From ae68a08f06df5194a3c0fa9a84bca2e8449f9e69 Mon Sep 17 00:00:00 2001
From: mhbdev <whw1483@gmail.com>
Date: Tue, 6 Jan 2026 21:14:52 +0330
Subject: [PATCH] Updated the OPTIONS handler to return a 204 with an empty
 payload while preserving the CORS headers, so preflight requests no longer
 get a 200/HTML body

---
 runners/client/ClientRunner.cpp | 16 +++++++++++++---
 1 file changed, 13 insertions(+), 3 deletions(-)
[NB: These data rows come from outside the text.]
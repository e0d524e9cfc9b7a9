-- ===== src/Gateway/Tests.antt =====
-- The hub with one user on one connection.
use sagiton.Prelude.{◌≡◌, ◌≢◌, refl, arith, none, some, [], ◌∷◌, not, true, is_some}
use sagiton.Collections.{get, insert, set_insert}
use sagiton.Collections.Scope.{count}
use sagiton.Gateway.{
  ConnectionState, HubState, new_hub, register, unregister, subscribe_channel, broadcast_to_channel,
  broadcast_to_thread, broadcast_to_user, broadcast_global, update_connection,
}
use sagiton.Gateway.Wiring.{IsWired, owned_by, in_channel, in_thread}
use sagiton.Gateway.Invariant.{here, next, registers, subscribes_channel, Reach-IsWired}
use sagiton.Gateway.Presence.{online, register_presence, unregister_presence}
use sagiton.Gateway.Delivery.{once, broadcast_exactly_once}

-- Connection 7 of user 1 subscribes channel 3.
abbrev connected : HubState
connected = (register 7 0 1 new_hub).0

abbrev listening : HubState
listening = subscribe_channel 7 3 connected

registered : get 7 connected.connections ≢ none
unfolding register insert get
registered e = absurd (ground arith)

listening-IsWired : IsWired listening
unfolding get
listening-IsWired =
    Reach-IsWired {hub = listening} (
      next (next here (registers 7 0 1 new_hub refl)) (subscribes_channel 7 3 connected registered))

Reach-IsWired_example : IsWired listening
unfolding get
Reach-IsWired_example =
    Reach-IsWired {hub = listening} (
      next (next here (registers 7 0 1 new_hub refl)) (subscribes_channel 7 3 connected registered))

broadcast_exactly_once_example :
    (count 7 (broadcast_to_channel 3 listening) ≡ once (in_channel 3 (get 7 listening.connections)))
    × (count 7 (broadcast_to_thread 3 listening) ≡ once (in_thread 3 (get 7 listening.connections)))
    × (count 7 (broadcast_to_user 3 listening) ≡ once (owned_by 3 (get 7 listening.connections)))
    × (count 7 (broadcast_global listening) ≡ once (is_some (get 7 listening.connections)))
broadcast_exactly_once_example = broadcast_exactly_once listening 7 3 listening-IsWired

register_presence_example :
    ((register 8 0 1 listening).1.first_connection ≡ not (online 1 listening.connections))
    × (online 1 (register 8 0 1 listening).0.connections ≡ true)
unfolding register subscribe_channel update_connection get insert
register_presence_example = register_presence 8 0 1 listening listening-IsWired refl

abbrev conn : ConnectionState
conn = record {
  user_id = 1;
  subscribed_channels = 3 ∷ [];
  subscribed_threads = [];
  last_heartbeat = 0;
}

unregister_presence_example :
    (unregister 7 listening).1
    ≡ some (record {
      user_id = 1;
      became_offline = not (online 1 (unregister 7 listening).0.connections);
    })
unfolding register subscribe_channel update_connection get insert set_insert
unregister_presence_example = unregister_presence 7 listening conn listening-IsWired refl
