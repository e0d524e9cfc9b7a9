-- ===== src/Guild/Steps.antt =====
-- The operations on guilds that write, as steps of the database.
use sagiton.Prelude.{ℕ, Option}
use sagiton.Prelude.Int.{ℤ}
use sagiton.Schema.{Env, Db}
use sagiton.Text.{Text}
use sagiton.Guild.{
  create_guild, join_guild, leave_guild, create_channel, create_guild_invite, join_guild_invite,
}

-- One call of an operation that writes.
pub data Step : Db → Db → Type 0 where
  create_guild_step :
      (env : Env) (u : ℕ) (name : Text) (db : Db) → Step db (create_guild env u name db).1
  join_guild_step : (u g : ℕ) (db : Db) → Step db (join_guild u g db).1
  leave_guild_step : (u g : ℕ) (db : Db) → Step db (leave_guild u g db).1
  create_channel_step :
      (env : Env) (u g : ℕ) (name : Text) (db : Db) → Step db (create_channel env u g name db).1
  create_guild_invite_step :
      (env : Env) (token : Text) (u g : ℕ) (expires : Option ℕ) (max_uses : Option ℤ) (db : Db)
      → Step db (create_guild_invite env token u g expires max_uses db).1
  join_guild_invite_step :
      (env : Env) (u : ℕ) (token : Text) (db : Db) → Step db (join_guild_invite env u token db).1

pub data Reach (start : Db) : Db → Type 0 where
  start : Reach start start
  next : {db db' : Db} → Reach start db → Step db db' → Reach start db'
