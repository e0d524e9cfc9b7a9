-- ===== src/Guild/Invites.antt =====
-- What joining a guild by an invite does.
use mathlib.Core.Path.{subst}
use sagiton.Prelude.{
  ℕ, ◌+◌, ◌≤◌, ◌<◌, ◌≡◌, ◌⊎◌, List, refl, Bool, true, false, ◌&&◌, ◌==◌, Option, none, some, arith,
  ltb, Option-cases, inl, inr, ==_refl,
}
use sagiton.Shared.{AppResult, ok, err}
use sagiton.Database.{roll_back}
use sagiton.Schema.{Env, Db, InviteRow, GuildSummary}
use sagiton.Text.{Text, text_eq}
use sagiton.Database.Table.{
  find_where, exists_where, update_where, find_where-update_where, find_where-holds,
}
use sagiton.Guild.{
  GuildInviteJoinResult, member_exists, find_guild, find_invite, is_used_up, count_use,
  default_role_id, attach_default_role_to_member, join_guild_found, join_guild_row,
  join_guild_via_invite,
}

is_member_refl : (g u : ℕ) → (g == g && u == u) ≡ true
is_member_refl g u = ground (arith, ==_refl g, ==_refl u)

attached :
    (g u r : ℕ) (db db' : Db)
    → attach_default_role_to_member g u r db ≡ (ok tt, db')
    → (db'.guild_members ≡ db.guild_members) × (db'.guild_invites ≡ db.guild_invites)
unfolding attach_default_role_to_member
attached g u r db db' h = ground arith

default_role_same : (g r : ℕ) (db db' : Db) → default_role_id g db ≡ (ok r, db') → db' ≡ db
unfolding default_role_id
default_role_same g r db db' h = ground arith

module _ (env : Env) (token : Text) (u : ℕ) (invite : InviteRow) (guild : GuildSummary)
    (db : Db) where
  -- What the part that runs for an invite in force reports and leaves.
  abbrev pub Joined : AppResult GuildInviteJoinResult × Db → Type 0
  Joined o =
      (member_exists invite.scope_id u db ≡ false)
      × (ltb invite.expires_at env.now_utc ≡ false)
      × (is_used_up invite.max_uses invite.used_count ≡ false)
      × (member_exists invite.scope_id u o.1 ≡ true)
      × (o.1.guild_invites ≡ (count_use token db).guild_invites)

  join_guild_found_joined :
      (r : GuildInviteJoinResult)
      → (join_guild_found env token u invite guild db).0 ≡ ok r
      → r.joined ≡ true
      → Joined (join_guild_found env token u invite guild db)
  unfolding join_guild_found default_role_id attach_default_role_to_member
  join_guild_found_joined r h k = ground (arith, is_member_refl invite.scope_id u)

  join_guild_found_same :
      (r : GuildInviteJoinResult)
      → (join_guild_found env token u invite guild db).0 ≡ ok r
      → r.joined ≡ false
      → ((join_guild_found env token u invite guild db).1 ≡ db)
        × (member_exists invite.scope_id u db ≡ true)
  unfolding join_guild_found default_role_id attach_default_role_to_member
  join_guild_found_same r h k = ground arith

-- An invite without a limit, or with one that it has not reached.
abbrev pub HasUsesLeft : InviteRow → Type 0
HasUsesLeft invite =
    (invite.max_uses ≡ none)
    ⊎ ((cap : ℕ) × (invite.max_uses ≡ some cap) × (invite.used_count < cap))

-- What a successful `join_guild_via_invite` rests on and leaves.
abbrev pub JoinedVia : Env → Text → ℕ → Db → Db → Type 0
JoinedVia env token u db db' =
    (invite : InviteRow) × (find_where (λ i. text_eq i.token token) db.guild_invites ≡ some invite)
    × (invite.revoked_at ≡ none)
    × (env.now_utc ≤ invite.expires_at)
    × HasUsesLeft invite
    × (exists_where (λ m. m.scope_id == invite.scope_id && m.user_id == u) db.guild_members ≡ false)
    × (exists_where (λ m. m.scope_id == invite.scope_id && m.user_id == u) db'.guild_members ≡ true)
    × (find_where (λ i. text_eq i.token token) db'.guild_invites
        ≡ some (record invite { used_count = invite.used_count + 1 }))
    × (db'.guild_invites
        ≡ update_where (λ i. text_eq i.token token)
            (λ i. record i { used_count = i.used_count + 1 }) db.guild_invites)

unused-HasUsesLeft :
    (invite : InviteRow) → is_used_up invite.max_uses invite.used_count ≡ false → HasUsesLeft invite
unused-HasUsesLeft invite h = elim (Option-cases invite.max_uses) [
  | inl e ↦ inl e
  | inr (cap, e) ↦ inr (cap, e, ground arith)
]

pub HasUsesLeft-unused :
    (invite : InviteRow) → HasUsesLeft invite → is_used_up invite.max_uses invite.used_count ≡ false
HasUsesLeft-unused invite (inl e) = rw e refl
HasUsesLeft-unused invite (inr (cap, e, h)) = rw e (ground arith)

counted_found :
    (token : Text) (rows : List InviteRow) (invite : InviteRow)
    → find_where (λ i. text_eq i.token token) rows ≡ some invite
    → find_where
        (λ i. text_eq i.token token)
        (update_where
          (λ i. text_eq i.token token)
          (λ i. record i { used_count = i.used_count + 1 })
          rows)
      ≡ some (record invite { used_count = invite.used_count + 1 })
counted_found token rows invite h = ground (
  arith,
  find_where-update_where (λ i. text_eq i.token token) (λ i. text_eq i.token token)
      (λ (i : InviteRow). record i { used_count = i.used_count + 1 }) (λ r e. refl) rows,
  find_where-holds (λ (i : InviteRow). text_eq i.token token) rows invite h,
)

abbrev pub has_joined : AppResult GuildInviteJoinResult → Bool
has_joined (ok r) = r.joined
has_joined (err e) = false

module _ (env : Env) (token : Text) (u : ℕ) (db : Db) where
  join_guild_row_joined :
      (invite : InviteRow) (r : GuildInviteJoinResult)
      → find_invite token db ≡ some invite
      → (join_guild_row env token u (some invite) db).0 ≡ ok r
      → r.joined ≡ true
      → JoinedVia env token u db (join_guild_row env token u (some invite) db).1
  unfolding join_guild_row
  join_guild_row_joined invite r found h k = elim (Option-cases (find_guild invite.scope_id db)) [
    | inl e ↦ absurd (ground arith)
    | inr (guild, e) ↦
        (let inner : (join_guild_found env token u invite guild db).0 ≡ ok r = ground arith in
          let j = join_guild_found_joined env token u invite guild db r inner k in
          let counted = counted_found token db.guild_invites invite found in
          let left : (join_guild_row env token u (some invite) db).1.guild_invites
              ≡ update_where (λ i. text_eq i.token token)
                  (λ i. record i { used_count = i.used_count + 1 }) db.guild_invites =
            ground arith in
          (
            invite,
            found,
            ground arith,
            ground arith,
            unused-HasUsesLeft invite j.2,
            j.0,
            ground arith,
            rw left counted,
            left,
          ))
  ]

  -- A user who joins a guild by an invite was not a member of its guild and is one afterwards; the
  -- invite was found under the token, was not revoked or expired, and has no limit or was used less
  -- often than its limit. Afterwards the token finds it with one use more, and every invite of another
  -- token is as it was.
  pub join_guild_via_invite_joined :
      (r : GuildInviteJoinResult)
      → (join_guild_via_invite env token u db).0 ≡ ok r
      → r.joined ≡ true
      → JoinedVia env token u db (join_guild_via_invite env token u db).1
  unfolding join_guild_via_invite join_guild_row
  join_guild_via_invite_joined r h k = elim (Option-cases (find_invite token db)) [
    | inl e ↦ absurd (ground arith)
    | inr (invite, e) ↦
        (let inner : (join_guild_row env token u (some invite) db).0 ≡ ok r = ground arith in
          let same : (join_guild_row env token u (some invite) db).1
              ≡ (join_guild_via_invite env token u db).1 =
            ground arith in
          subst (JoinedVia env token u db) same (join_guild_row_joined invite r e inner k))
  ]

  found_not_joined :
      (invite : InviteRow) (guild : GuildSummary)
      → has_joined (join_guild_found env token u invite guild db).0 ≡ false
      → (roll_back db (join_guild_found env token u invite guild db)).1 ≡ db
  unfolding join_guild_found default_role_id attach_default_role_to_member
  found_not_joined invite guild h = ground arith

  row_not_joined :
      (invite : Option InviteRow)
      → has_joined (join_guild_row env token u invite db).0 ≡ false
      → (roll_back db (join_guild_row env token u invite db)).1 ≡ db
  unfolding join_guild_row
  row_not_joined none h = refl
  row_not_joined (some invite) h = elim (Option-cases (find_guild invite.scope_id db)) [
    | inl e ↦ ground arith
    | inr (guild, e) ↦ ground (arith, found_not_joined invite guild)
  ]

  -- A call that fails, or that finds the user to be a member, leaves the database as it was.
  pub join_guild_via_invite_not_joined :
      has_joined (join_guild_via_invite env token u db).0 ≡ false
      → (join_guild_via_invite env token u db).1 ≡ db
  unfolding join_guild_via_invite
  join_guild_via_invite_not_joined h = ground (arith, row_not_joined (find_invite token db))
diff --git a/runners/client/ClientRunner.cpp b/runners/client/ClientRunner.cpp
index f39442e..8e8d393 100644
--- a/runners/client/ClientRunner.cpp
+++ b/runners/client/ClientRunner.cpp
@@ -370,9 +370,19 @@ void ClientRunner::receive_http_request(
     std::unique_ptr<ton::http::HttpRequest> request, std::shared_ptr<ton::http::HttpPayload> payload,
     td::Promise<std::pair<std::unique_ptr<ton::http::HttpResponse>, std::shared_ptr<ton::http::HttpPayload>>> promise) {
   if (request->method() == "OPTIONS") {
-    // TODO: return 204
-    std::string data = "<http><body>OK</body></http>";
-    http_send_static_answer(std::move(data), std::move(promise));
+    auto response =
+        ton::http::HttpResponse::create("HTTP/1.0", static_cast<ton::http::HttpStatusCode>(204), "no content", false,
+                                        false)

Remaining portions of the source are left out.